*Problem description*. Nothing may be dropped or added when the entries below are copied.

+++ Data for this task

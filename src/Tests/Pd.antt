-- ===== src/Tests/Pd.antt =====
-- One protection domain, at the address 9, and an address handle at 7 that points to it.
use libroce.Base.{ℕ, zero, suc, ◌+◌, ◌≡◌, ◌≢◌, refl, sym, subst, [], ◌∷◌, some, ebusy, arith}
use libroce.Resource.{Resource}
use libroce.Resource.Slots.{slot, IsValid}
use libroce.Counted.Pointing.{pointing}
use libroce.Pd.{Pds, dealloc_pd}
use libroce.Pd.Sound.{InSlot}
use libroce.Pd.Calls.{SoundAhs, Succeeds}
use libroce.Pd.Safety.{Call, run, IsFair, run-Sound}
use libroce.Ah.{Ahs, AhAttr}

abbrev one : ℕ → Resource
one p = record { size = 1; addr = p ∷ []; handle = λ q. 0 }

abbrev pds : Pds
pds = record { objects = record { table = one 9; ref = λ p. 1 }; pd_ctx = λ p. 0 }

abbrev attr : AhAttr
attr = record {
  gid = [];
  mac = [];
  flow_label = 0;
  sgid_index = 0;
  hop_limit = 64;
  traffic_class = 0;
  port_num = 1;
}

abbrev ahs : Ahs
ahs = record {
  objects = record { table = one 7; ref = λ p. 0 };
  pd = λ p. 9;
  attr = λ p. attr;
  ah_ctx = λ p. 0;
}

one-IsValid : (p : ℕ) → IsValid (one p)
one-IsValid p = record { full = refl; knows = knows }
  where
    knows : (i : ℕ) → slot (one p) i ≢ 0 → 0 ≡ i
    knows zero n = refl
    knows (suc i) n = absurd (n refl)

in_one : (p d i : ℕ) → slot (one p) i ≡ d → d ≢ 0 → p ≡ d
in_one p d zero e n = e
in_one p d (suc i) e n = absurd (n (sym e))

tables-Sound : SoundAhs pds ahs (λ d. 0)
tables-Sound = record {
  pds_valid = one-IsValid 9;
  table_valid = one-IsValid 7;
  small = omega arith;
  counts = counts;
  live = λ i n. (λ z. omega arith, (0, refl));
  held = λ d n. absurd (n refl);
}
  where
    counts : (d : ℕ) → d ≢ 0 → InSlot (one 9) d → 1 ≡ pointing (λ p. 9) d (7 ∷ []) + 0
    counts d n (i, at) = subst (λ x. 1 ≡ pointing (λ p. 9) x (7 ∷ []) + 0) (in_one 9 d i at n) refl

run-Sound_example :
    ((c : Call) → IsFair c pds ahs → Succeeds (λ d. 0) (run c pds ahs))
    × ((i j : ℕ) → slot (one 7) j ≢ 0 → 9 ≡ slot (one 9) i → dealloc_pd pds i ≡ some (ebusy, pds))
run-Sound_example = run-Sound pds ahs (λ d. 0) tables-Sound (λ d. omega arith)
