-- ===== src/Tests/Port.antt =====
-- The identifiers of a port.
use libroce.Base.{
  ℕ, ◌≤◌, ◌≡◌, ◌≢◌, ◌↔◌, refl, List, [], ◌∷◌, none, some, pos, ebusy, arith, length, replicate,
}
use libroce.Port.{Port, add_gid, del_gid, get_gid, zero_gid}
use libroce.Port.Gids.{found, add_gid-del_gid, gid-none}

abbrev port : Port
port = record {
  attr = record {
    max_mtu = 4096;
    active_mtu = 1024;
    gid_tbl_len = 8;
    pkey_tbl_len = 1;
    max_msg_sz = 33554432;
  };
  vnet_hdr = 0;
  gids = replicate 8 zero_gid;
  mac = [];
}

abbrev gid : List ℕ
gid = 0 ∷ 0 ∷ 0 ∷ 0 ∷ 0 ∷ 0 ∷ 0 ∷ 0 ∷ 0 ∷ 0 ∷ 255 ∷ 255 ∷ 10 ∷ 0 ∷ 0 ∷ 1 ∷ []

second_free : found port 1 ≡ some (ebusy, [])
unfolding get_gid
second_free = refl

add_gid-del_gid_example :
    (q : Port) × (r : Port) × (add_gid port 1 1 gid ≡ some (pos 0, q))
    × (found q 1 ≡ some (pos 0, gid))
    × (add_gid q 1 1 gid ≡ some (ebusy, q))
    × (del_gid q 1 1 ≡ some (pos 0, r))
    × (found r 1 ≡ some (ebusy, []))
    × ((j : ℕ) → 1 ≢ j → (found q j ≡ found port j) × (found r j ≡ found port j))
add_gid-del_gid_example = add_gid-del_gid port 1 gid (omega arith) refl second_free

gid-none_example :
    ((add_gid port 1 8 gid ≡ none) ↔ (length port.gids ≤ 8))
    × ((del_gid port 1 8 ≡ none) ↔ (length port.gids ≤ 8))
    × ((get_gid port 1 8 gid ≡ none) ↔ (length port.gids ≤ 8))
gid-none_example = gid-none port 8 gid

++++++

*Answer to this task*.
filename src/Tests/Pd.antt
-- ===== src/Tests/Pd.antt =====
-- One protection domain, at the address 9, and an address handle at 7 that points to it.
use libroce.Base.{ℕ, zero, suc, ◌+◌, ◌≡◌, ◌≢◌, refl, sym, subst, [], ◌∷◌, some, ebusy, arith}
use libroce.Resource.{Resource}
use libroce.Resource.Slots.{slot, IsValid}
use libroce.Counted.Pointing.{pointing}
use libroce.Pd.{Pds, dealloc_pd}
use libroce.Pd.Sound.{InSlot}
use libroce.Pd.Calls.{SoundAhs, Succeeds}
use libroce.Pd.Safety.{Call, run, IsFair, run-Sound}
use libroce.Ah.{Ahs, AhAttr}

abbrev one : ℕ → Resource
one p = record { size = 1; addr = p ∷ []; handle = λ q. 0 }

abbrev pds : Pds
pds = record { objects = record { table = one 9; ref = λ p. 1 }; pd_ctx = λ p. 0 }

abbrev attr : AhAttr
attr = record {
  gid = [];
  mac = [];
  flow_label = 0;
  sgid_index = 0;
  hop_limit = 64;
  traffic_class = 0;
  port_num = 1;
}

abbrev ahs : Ahs
ahs = record {
  objects = record { table = one 7; ref = λ p. 0 };
  pd = λ p. 9;
  attr = λ p. attr;
  ah_ctx = λ p. 0;
}

one-IsValid : (p : ℕ) → IsValid (one p)
one-IsValid p = record { full = refl; knows = knows }
  where
    knows : (i : ℕ) → slot (one p) i ≢ 0 → 0 ≡ i
    knows zero n = refl
    knows (suc i) n = absurd (n refl)

in_one : (p d i : ℕ) → slot (one p) i ≡ d → d ≢ 0 → p ≡ d
in_one p d zero e n = e
in_one p d (suc i) e n = absurd (n (sym e))

tables-Sound : SoundAhs pds ahs (λ d. 0)
tables-Sound = record {
  pds_valid = one-IsValid 9;
  table_valid = one-IsValid 7;
  small = omega arith;
  counts = counts;
  live = λ i n. (λ z. omega arith, (0, refl));
  held = λ d n. absurd (n refl);
}
  where
    counts : (d : ℕ) → d ≢ 0 → InSlot (one 9) d → 1 ≡ pointing (λ p. 9) d (7 ∷ []) + 0
    counts d n (i, at) = subst (λ x. 1 ≡ pointing (λ p. 9) x (7 ∷ []) + 0) (in_one 9 d i at n) refl

run-Sound_example :
    ((c : Call) → IsFair c pds ahs → Succeeds (λ d. 0) (run c pds ahs))
    × ((i j : ℕ) → slot (one 7) j ≢ 0 → 9 ≡ slot (one 9) i → dealloc_pd pds i ≡ some (ebusy, pds))
run-Sound_example = run-Sound pds ahs (λ d. 0) tables-Sound (λ d. omega arith)
-- ===== src/Tests/Port.antt =====
-- The identifiers of a port.
use libroce.Base.{
  ℕ, ◌≤◌, ◌≡◌, ◌≢◌, ◌↔◌, refl, List, [], ◌∷◌, none, some, pos, ebusy, arith, length, replicate,
}
use libroce.Port.{Port, add_gid, del_gid, get_gid, zero_gid}
use libroce.Port.Gids.{found, add_gid-del_gid, gid-none}

abbrev port : Port
port = record {
  attr = record {
    max_mtu = 4096;
    active_mtu = 1024;
    gid_tbl_len = 8;
    pkey_tbl_len = 1;
    max_msg_sz = 33554432;
  };
  vnet_hdr = 0;
  gids = replicate 8 zero_gid;
  mac = [];
}

abbrev gid : List ℕ
gid = 0 ∷ 0 ∷ 0 ∷ 0 ∷ 0 ∷ 0 ∷ 0 ∷ 0 ∷ 0 ∷ 0 ∷ 255 ∷ 255 ∷ 10 ∷ 0 ∷ 0 ∷ 1 ∷ []

second_free : found port 1 ≡ some (ebusy, [])
unfolding get_gid
second_free = refl

add_gid-del_gid_example :
    (q : Port) × (r : Port) × (add_gid port 1 1 gid ≡ some (pos 0, q))
    × (found q 1 ≡ some (pos 0, gid))
    × (add_gid q 1 1 gid ≡ some (ebusy, q))
    × (del_gid q 1 1 ≡ some (pos 0, r))
    × (found r 1 ≡ some (ebusy, []))
    × ((j : ℕ) → 1 ≢ j → (found q j ≡ found port j) × (found r j ≡ found port j))
add_gid-del_gid_example = add_gid-del_gid port 1 gid (omega arith) refl second_free

gid-none_example :
    ((add_gid port 1 8 gid ≡ none) ↔ (length port.gids ≤ 8))
    × ((del_gid port 1 8 ≡ none) ↔ (length port.gids ≤ 8))
    × ((get_gid port 1 8 gid ≡ none) ↔ (length port.gids ≤ 8))
gid-none_example = gid-none port 8 gid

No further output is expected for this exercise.